Task prompt.
A single number is the answer: the count of lines in these records with "start" in them.

[Collected data entries]
*** Begin section ***
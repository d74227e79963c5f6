-- ===== src/Rialto/Tests/Settlement.antt =====
-- A ready intent, what it implies, and a history that settles it.
use bps_protocol.Prelude.{
  ◌≡◌, ◌↔◌, ◌⊎◌, ◌*◌, ◌+◌, ◌≤◌, refl, true, false, Option, none, some, [], ◌∷◌,
}
use bps_protocol.Integer.{ℤ, pos, ◌≤ℤ◌, size}
use bps_protocol.Integer.Number.{JsNumber, finite}
use bps_protocol.Text.{Text, codes, to_lower_case}
use bps_protocol.Pod.Samples.{alice, bob, bob_upper, pool_wallet, token}
use bps_protocol.Text.{text_eq}
use bps_protocol.Text.Separator.{every-IsFree}
use bps_protocol.Dict.{get, has}
use bps_protocol.Pod.Address.{is_hex_address, zero_address}
use bps_protocol.Pod.Numeric.{digits_of, integer_text, to_decimal_string}
use bps_protocol.Pod.Schema.{is_hash32}
use bps_protocol.Rialto.Registry.{
  RegistryFeatureObservation, is_selector, reconcile_observed, reconcile_registry_target,
}
use bps_protocol.Rialto.Settlement.Guards.{
  policy_failures, identity_failures, amount_failures, pair_allowed, call_failures, cap_of,
  selector_approved, taker_failures, expiry_failures, is_fresh, observed_price_failures,
  permitted_max, price_failures, registry_failures, replay_failures,
}
use bps_protocol.Rialto.Settlement.{
  SettlementPolicy, SettlementIntent, PriceObservation, guard_version, weth, nvda,
}
use bps_protocol.Rialto.Settlement.Digest.{
  compute_intent_digest, build_intent, join_bar, digest_parts,
}
use bps_protocol.Rialto.Settlement.Digest.Injective.{
  IsPlainIntent, HasSameFields, join_bar-digest_parts_iff,
}
use bps_protocol.Rialto.Settlement.Store.{
  InMemoryReplayStore, new_store, as_replay_store, nonce_key, is_digest_consumed, is_nonce_used,
  mark_consumed,
}
use bps_protocol.Rialto.Settlement.Store.Marked.{mark_consumed_lem}
use bps_protocol.Rialto.Settlement.Evaluation.{
  GuardedSettlementInput, all_failures, evaluate_guarded_settlement, approved_selector,
  final_taker_gate, per_token_amount_cap, dated_registry_strategy, trusted_price_source,
}
use bps_protocol.Rialto.Settlement.Evaluation.Ready.{IsReady, evaluate_guarded_settlement_iff}
use bps_protocol.Rialto.Settlement.Evaluation.Priced.{evaluate_guarded_settlement-priced}
use bps_protocol.Rialto.Settlement.Evaluation.Candidate.{
  evaluate_guarded_settlement_gates, production_candidate_policy-closed, on_candidate,
}
use bps_protocol.Rialto.Settlement.Evaluation.History.{
  Ledger, settle, Reach, here, next, IsConsistent, Reach-IsConsistent,
}

-- A hash and a clock for the runs.
abbrev plain_hash : Text → Text
plain_hash t = t

abbrev at_thousand : Text → Option JsNumber
at_thousand t = some (finite (pos 1000))

abbrev policy : SettlementPolicy
policy = record {
  version = guard_version;
  chain_id = 4663;
  registry = pool_wallet;
  feature = 2;
  allowed_pairs = (record { sell_token = weth; buy_token = nvda }) ∷ [];
  max_sell_amount_raw_by_token = (to_lower_case weth, some (pos 500)) ∷ [];
  allowed_selectors = codes "0x12ab5678" ∷ [];
  max_platform_fee_bps = finite (pos 5);
  integrator_fee_allowed = false;
  default_slippage_bps = finite (pos 50);
  max_slippage_bps = finite (pos 100);
  max_price_deviation_bps = pos 100;
  max_price_observation_age_sec = some (finite (pos 60));
  max_registry_observation_age_sec = some (finite (pos 60));
  max_intent_lifetime_sec = finite (pos 300);
  final_taker = some alice;
  allowed_price_sources = codes "Desk" ∷ [];
  paused = false;
}

abbrev draft : SettlementIntent
draft = record {
  version = [];
  chain_id = 4663;
  registry = pool_wallet;
  feature = 2;
  sell_token = weth;
  buy_token = nvda;
  sell_amount_raw = pos 100;
  min_buy_amount_raw = pos 201;
  expected_target = bob_upper;
  selector = codes "0x12AB5678";
  calldata_hash = some (codes "0x00000000000000000000000000000000000000000000000000000000000000ff");
  tx_value = pos 0;
  platform_fee_bps = finite (pos 5);
  integrator_fee_present = false;
  slippage_bps = finite (pos 50);
  taker = alice;
  nonce = pos 7;
  intent_digest = [];
  created_at_sec = finite (pos 990);
  deadline_sec = finite (pos 1200);
}

abbrev intent : SettlementIntent
unfolding build_intent
intent = build_intent plain_hash draft

abbrev observation : RegistryFeatureObservation
observation = record {
  registry = some pool_wallet;
  feature = some 2;
  current_router = some bob;
  previous_router = some alice;
  next_router = some token;
  paused = some false;
  block_number = none;
  observation_time_utc = some (codes "2026-01-01T00:16:40Z");
}

abbrev price : PriceObservation
price = record {
  source = codes "desk";
  observed_time_sec = some (finite (pos 1010));
  observed_block = none;
  sell_token = weth;
  buy_token = nvda;
  ref_sell_amount_raw = pos 1000;
  ref_buy_amount_raw = pos 2000;
  sell_decimals = 18;
  buy_decimals = 18;
}

abbrev store : InMemoryReplayStore
unfolding new_store
store = new_store [] []

abbrev input : GuardedSettlementInput
input = record {
  policy = policy;
  intent = intent;
  registry_observation = some observation;
  price_observation = some price;
  replay_store = as_replay_store store;
  now_sec = finite (pos 1020);
}

ready : (evaluate_guarded_settlement plain_hash at_thousand input).ready ≡ true
unfolding evaluate_guarded_settlement all_failures policy_failures text_eq is_hex_address
    identity_failures intent to_lower_case amount_failures pair_allowed get call_failures is_hash32
    selector_approved is_selector has taker_failures zero_address digits_of integer_text
    to_decimal_string reconcile_observed reconcile_registry_target build_intent
    compute_intent_digest join_bar expiry_failures is_fresh observed_price_failures permitted_max
    price_failures registry_failures replay_failures store new_store is_digest_consumed
    is_nonce_used nonce_key
ready = refl

evaluate_guarded_settlement_iff_example :
    (evaluate_guarded_settlement plain_hash at_thousand input).ready ≡ true
    ↔ IsReady plain_hash at_thousand input
evaluate_guarded_settlement_iff_example =
    evaluate_guarded_settlement_iff plain_hash at_thousand input

evaluate_guarded_settlement-priced_example :
    (q : PriceObservation) × (input.price_observation ≡ some q)
    × (pos 1 ≤ℤ intent.min_buy_amount_raw)
    × (pos 1 ≤ℤ intent.sell_amount_raw)
    × (pos 1 ≤ℤ q.ref_sell_amount_raw)
    × (pos 1 ≤ℤ q.ref_buy_amount_raw)
    × (size intent.min_buy_amount_raw * 10000 * size q.ref_sell_amount_raw
        ≤ size q.ref_buy_amount_raw * size intent.sell_amount_raw * (10000 + 100))
evaluate_guarded_settlement-priced_example =
    evaluate_guarded_settlement-priced plain_hash at_thousand input 100 refl ready

capped : (c : ℤ) × (cap_of policy weth ≡ some c)
unfolding get text_eq to_lower_case
capped = (pos 500, refl)

evaluate_guarded_settlement_gates_example :
    (evaluate_guarded_settlement plain_hash at_thousand input).remaining_production_gates ≡ []
evaluate_guarded_settlement_gates_example =
    evaluate_guarded_settlement_gates plain_hash at_thousand input ready (capped, tt)

production_candidate_policy-closed_example :
    ((evaluate_guarded_settlement plain_hash at_thousand (on_candidate input)).ready ≡ false)
    × ((evaluate_guarded_settlement plain_hash at_thousand (on_candidate input)).sanitized_plan
        ≡ none)
    × ((evaluate_guarded_settlement plain_hash at_thousand
          (on_candidate input)).remaining_production_gates
        ≡ approved_selector ∷ final_taker_gate ∷ per_token_amount_cap ∷ dated_registry_strategy
          ∷ trusted_price_source ∷ [])
production_candidate_policy-closed_example =
    production_candidate_policy-closed plain_hash at_thousand input

abbrev start : Ledger
start = record { store = store; settled = [] }

abbrev settled_once : Ledger
settled_once = record {
  store = mark_consumed store intent.intent_digest alice (pos 7);
  settled = intent ∷ [];
}

history : Reach plain_hash at_thousand start settled_once
unfolding intent build_intent
history = next here (settle start input refl ready)

Reach-IsConsistent_example : IsConsistent plain_hash at_thousand settled_once
Reach-IsConsistent_example = Reach-IsConsistent plain_hash at_thousand refl history

plain : IsPlainIntent intent
unfolding intent build_intent
plain = record {
  version = every-IsFree b'|' guard_version refl;
  registry = every-IsFree b'|' pool_wallet refl;
  taker = every-IsFree b'|' alice refl;
  expected_target = every-IsFree b'|' bob_upper refl;
  selector = every-IsFree b'|' (codes "0x12AB5678") refl;
  sell_token = every-IsFree b'|' weth refl;
  buy_token = every-IsFree b'|' nvda refl;
}

join_bar-digest_parts_iff_example :
    join_bar (digest_parts intent) ≡ join_bar (digest_parts intent) ↔ HasSameFields intent intent
join_bar-digest_parts_iff_example = join_bar-digest_parts_iff intent intent plain plain

mark_consumed_lem_example :
    (is_digest_consumed (mark_consumed store (codes "0xAA") bob (pos 7)) (codes "0xaa") ≡ true
      ↔ (is_digest_consumed store (codes "0xaa") ≡ true)
        ⊎ (to_lower_case (codes "0xAA") ≡ to_lower_case (codes "0xaa")))
    × (is_nonce_used (mark_consumed store (codes "0xAA") bob (pos 7)) bob_upper (pos 7) ≡ true
        ↔ (is_nonce_used store bob_upper (pos 7) ≡ true)
          ⊎ ((to_lower_case bob ≡ to_lower_case bob_upper) × (pos 7 ≡ pos 7)))
unfolding is_hex_address
mark_consumed_lem_example =
    mark_consumed_lem store (codes "0xAA") bob (pos 7) (codes "0xaa") bob_upper (pos 7) refl refl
*** End section ***
Solution for this exercise.
4